Wakamatsu Farm is the original heritage site for the first Japanese immigrants who came to the United States on June 8, 1869.
In 2010, the American River Conservancy (ARC)*1 purchased Wakamatsu Farm to continue its preservation and education activities. From June 6th to 9th, 2019, the ARC held a festival to honor and celebrate the 150th anniversary of the arrival of Aizu Wakamatsu Japanese colonists to the United States.
WakamatsuFest150 featured Japanese and Japanese-American food, an ikebana demonstration, Japanese tea ceremony, Japanese calligraphy, traditional Japanese music and more. Booths offered Asian and other foods, information, and merchandise. Docents shared stories about the first Japanese colonists who established their tea and silk farm on the property. Each festival day featured a performance of the world premiere live-play, Gold Hill Samurai. Local and international visitors, dignitaries, and tour groups joined the event. The event was sponsored by various companies and organizations, including Sakata Seed America, Inc. (hereinafter, “SAI”), which supported the Farm and the festival through its corporate donation program, Sakata Gives*2.
1 The American River Conservancy (ARC) is a non-profit organization that serves our communities by ensuring healthy ecosystems within the Upper American River Watershed and Upper Cosumnes River Watershed through land conservation, stewardship, and education.

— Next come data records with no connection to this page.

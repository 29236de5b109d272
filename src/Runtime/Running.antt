-- ===== src/Runtime/Running.antt =====
-- src/runtime/update_cache.go: the configurations of the running tasks after the loops over the tasks.
use forward_stub.Config.Business.{TaskConfig}
use forward_stub.Delta.{BusinessDeltaPlan}
use forward_stub.Prelude.{
  Bool, Bool-cases, List, Option, Result, String, [], ap, arith, err, false, if◌then◌else◌, inl,
  inr, none, not, ok, refl, some, true, ◌&&◌, ◌∙◌, ◌∷◌, ◌≡◌,
}
use forward_stub.Prelude.Eq.{eq_String, ◌==◌}
use forward_stub.Prelude.Map.{Map, lookup, map_option}
use forward_stub.Prelude.Names.{contains}
use forward_stub.Runtime.{
  Act, Stored, World, add_tasks, after_step, always_ok, config_of, no_step, replace_tasks,
}
use forward_stub.Runtime.Update.{change_tasks, gc_stages, task_configs}
use forward_stub.Store.{RuntimeError, TaskState, add_task, gc_unused_senders, remove_task}
use forward_stub.Store.Cache.{rebuild_stage_task_refs}
use forward_stub.Store.Others.{
  add_task-running, gc_unused_senders-tasks, remove_task-running, running,
}

-- What holds after two steps that both succeed.
pub after_ok :
    {A : Type 0} (P Q : A → Type 0) (r : Result RuntimeError (Unit {0}) × A) (second : Act A)
    → (r.0 ≡ ok tt → P r.1)
    → ((a : A) → P a → (second a).0 ≡ ok tt → Q (second a).1)
    → (after_step r second).0 ≡ ok tt
    → Q (after_step r second).1
after_ok P Q (ok tt, b) second p g h = g b (p refl) h
after_ok P Q (err e, b) second p g h = absurd (ground arith)

module _ (w : World) (tasks : Map String TaskConfig) (n : String) where
  -- The task of the name, once the loop over the removed ones is through.
  abbrev pub replaced : List String → List String → Option TaskConfig → Option TaskConfig
  replaced added removed o =
      if contains removed n
      then (if contains added n then some (config_of tasks n) else none)
      else o

  replace_one-running :
      (added : List String) (name : String) (st : Stored)
      → ((if contains added name
            then add_task (w.starts name) name (config_of tasks name)
            else no_step)
          (remove_task name st)).0
        ≡ ok tt
      → running n
          ((if contains added name
              then add_task (w.starts name) name (config_of tasks name)
              else no_step)
            (remove_task name st)).1
        ≡ (if name == n
            then (if contains added n then some (config_of tasks n) else none)
            else running n st)
  replace_one-running added name st = elim (Bool-cases (contains added name)) [
    | inl again ↦ rw again (λ h.
        add_task-running (w.starts name) name n (config_of tasks name) (remove_task name st) h
        ∙ by_name again)
    | inr once ↦ rw once (λ h. remove_task-running name n st ∙ by_name_once once)
  ]
    where
      by_name :
          contains added name ≡ true
          → (if name == n then some (config_of tasks name) else running n (remove_task name st)) ≡ (
              if name == n
              then (if contains added n then some (config_of tasks n) else none)
              else running n st)
      by_name again = elim (Bool-cases (name == n)) [
        | inl same ↦ rw same (rw (← (eq_String.beq_iff name n).0 same) (rw again refl))
        | inr other ↦ rw other (rw (remove_task-running name n st) (rw other refl))
      ]

      by_name_once :
          contains added name ≡ false
          → (if name == n then none else running n st) ≡ (
              if name == n
              then (if contains added n then some (config_of tasks n) else none)
              else running n st)
      by_name_once once = elim (Bool-cases (name == n)) [
        | inl same ↦ rw same (rw (← (eq_String.beq_iff name n).0 same) (rw once refl))
        | inr other ↦ rw other refl
      ]

  replace_tasks-running :
      (added removed : List String) (st : Stored)
      → (replace_tasks w tasks added removed st).0 ≡ ok tt
      → running n (replace_tasks w tasks added removed st).1 ≡ replaced added removed (running n st)
  unfolding replace_tasks
  replace_tasks-running added [] st h = refl
  replace_tasks-running added (name ∷ removed) st h =
      let step =
        (if contains added name
            then add_task (w.starts name) name (config_of tasks name)
            else no_step)
          (remove_task name st) in
      let now : Option TaskConfig =
        if name == n
        then (if contains added n then some (config_of tasks n) else none)
        else running n st in
      after_ok (λ (a : Stored). running n a ≡ now)
        (λ (a : Stored). running n a ≡ replaced added (name ∷ removed) (running n st)) step
        (replace_tasks w tasks added removed) (replace_one-running added name st)
        (λ a e ok_rest. replace_tasks-running added removed a ok_rest ∙ (rw e (ground arith))) h

  add_tasks-running :
      (removed added : List String) (st : Stored)
      → (add_tasks w tasks removed added st).0 ≡ ok tt
      → running n (add_tasks w tasks removed added st).1 ≡ (
          if contains added n && not (contains removed n)
          then some (config_of tasks n)
          else running n st)
  unfolding add_tasks
  add_tasks-running removed [] st h = refl
  add_tasks-running removed (name ∷ added) st h =
      let step =
        (if contains removed name
            then no_step
            else add_task (w.starts name) name (config_of tasks name))
          st in
      let now : Option TaskConfig =
        if name == n && not (contains removed n) then some (config_of tasks n) else running n st in
      after_ok (λ (a : Stored). running n a ≡ now)
        (λ (a : Stored). running n a ≡ (
          if contains (name ∷ added) n && not (contains removed n)
          then some (config_of tasks n)
          else running n st))
        step (add_tasks w tasks removed added) (added_one (contains removed name) refl)
        (λ a e ok_rest. add_tasks-running removed added a ok_rest ∙ (rw e (ground arith))) h
    where
      added_one :
          (b : Bool)
          → contains removed name ≡ b
          → ((if b then no_step else add_task (w.starts name) name (config_of tasks name)) st).0
            ≡ ok tt
          → running n
              ((if b then no_step else add_task (w.starts name) name (config_of tasks name)) st).1
            ≡ (if name == n && not (contains removed n)
                then some (config_of tasks n)
                else running n st)
      added_one true e h = elim (Bool-cases (name == n)) [
        | inl same ↦ rw same (rw (← (eq_String.beq_iff name n).0 same) (rw e refl))
        | inr other ↦ rw other refl
      ]
      added_one false e h =
          add_task-running (w.starts name) name n (config_of tasks name) st h
          ∙ elim (Bool-cases (name == n)) [
            | inl same ↦ rw same (rw (← (eq_String.beq_iff name n).0 same) (rw e refl))
            | inr other ↦ rw other refl
          ]

  pub change_tasks-running :
      (plan : BusinessDeltaPlan) (st : Stored)
      → (change_tasks w tasks plan st).0 ≡ ok tt
      → running n (change_tasks w tasks plan st).1 ≡ (
          if contains plan.task_added n
          then some (config_of tasks n)
          else if contains plan.task_removed n
          then none
          else running n st)
  unfolding change_tasks gc_stages
  change_tasks-running plan st =
      let r1 = replace_tasks w tasks plan.task_added plan.task_removed st in
      let r2 = after_step r1 (add_tasks w tasks plan.task_removed plan.task_added) in
      let collect = always_ok (λ (st : Stored). record st {
        stage_cache =
            rebuild_stage_task_refs st.pipeline_stage_sigs (task_configs st.tasks) st.stage_cache;
      }) in
      let r3 = after_step r2 collect in
      let sweep_senders = always_ok gc_unused_senders in
      let Now = λ (a : Stored). running n a ≡ (
        if contains plan.task_added n
        then some (config_of tasks n)
        else if contains plan.task_removed n
        then none
        else running n st) in
      after_ok Now Now (after_step r3 sweep_senders) (always_ok gc_stages)
        (after_ok Now Now r3 sweep_senders
          (after_ok Now Now r2 collect
            (after_ok (λ a. running n a ≡ replaced plan.task_added plan.task_removed (running n st))
              Now r1 (add_tasks w tasks plan.task_removed plan.task_added)
              (replace_tasks-running plan.task_added plan.task_removed st)
              (λ a e h.
                add_tasks-running plan.task_removed plan.task_added a h ∙ (rw e (ground arith))))
            (λ a e h. e))
          (λ a e h.
            ap (λ (m : Map String TaskState). map_option (λ ts. ts.cfg) (lookup n m))
              (gc_unused_senders-tasks a)
            ∙ e))
        (λ a e h. e)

2 Sakata Gives is SAI’s corporate donation program that empowers all SAI colleagues to engage in the communities of their choosing in a purpose-driven way and to be good social citizens. The program is the cornerstone for the SAI Corporate Social Responsibility Program. All activities within Sakata Gives are guided by the SAKATA corporate mission, “to contribute sustainably to the betterment of life and culture.” We designed the program to encourage employee engagement in the areas of sustainability, nutrition, heath, and the environment.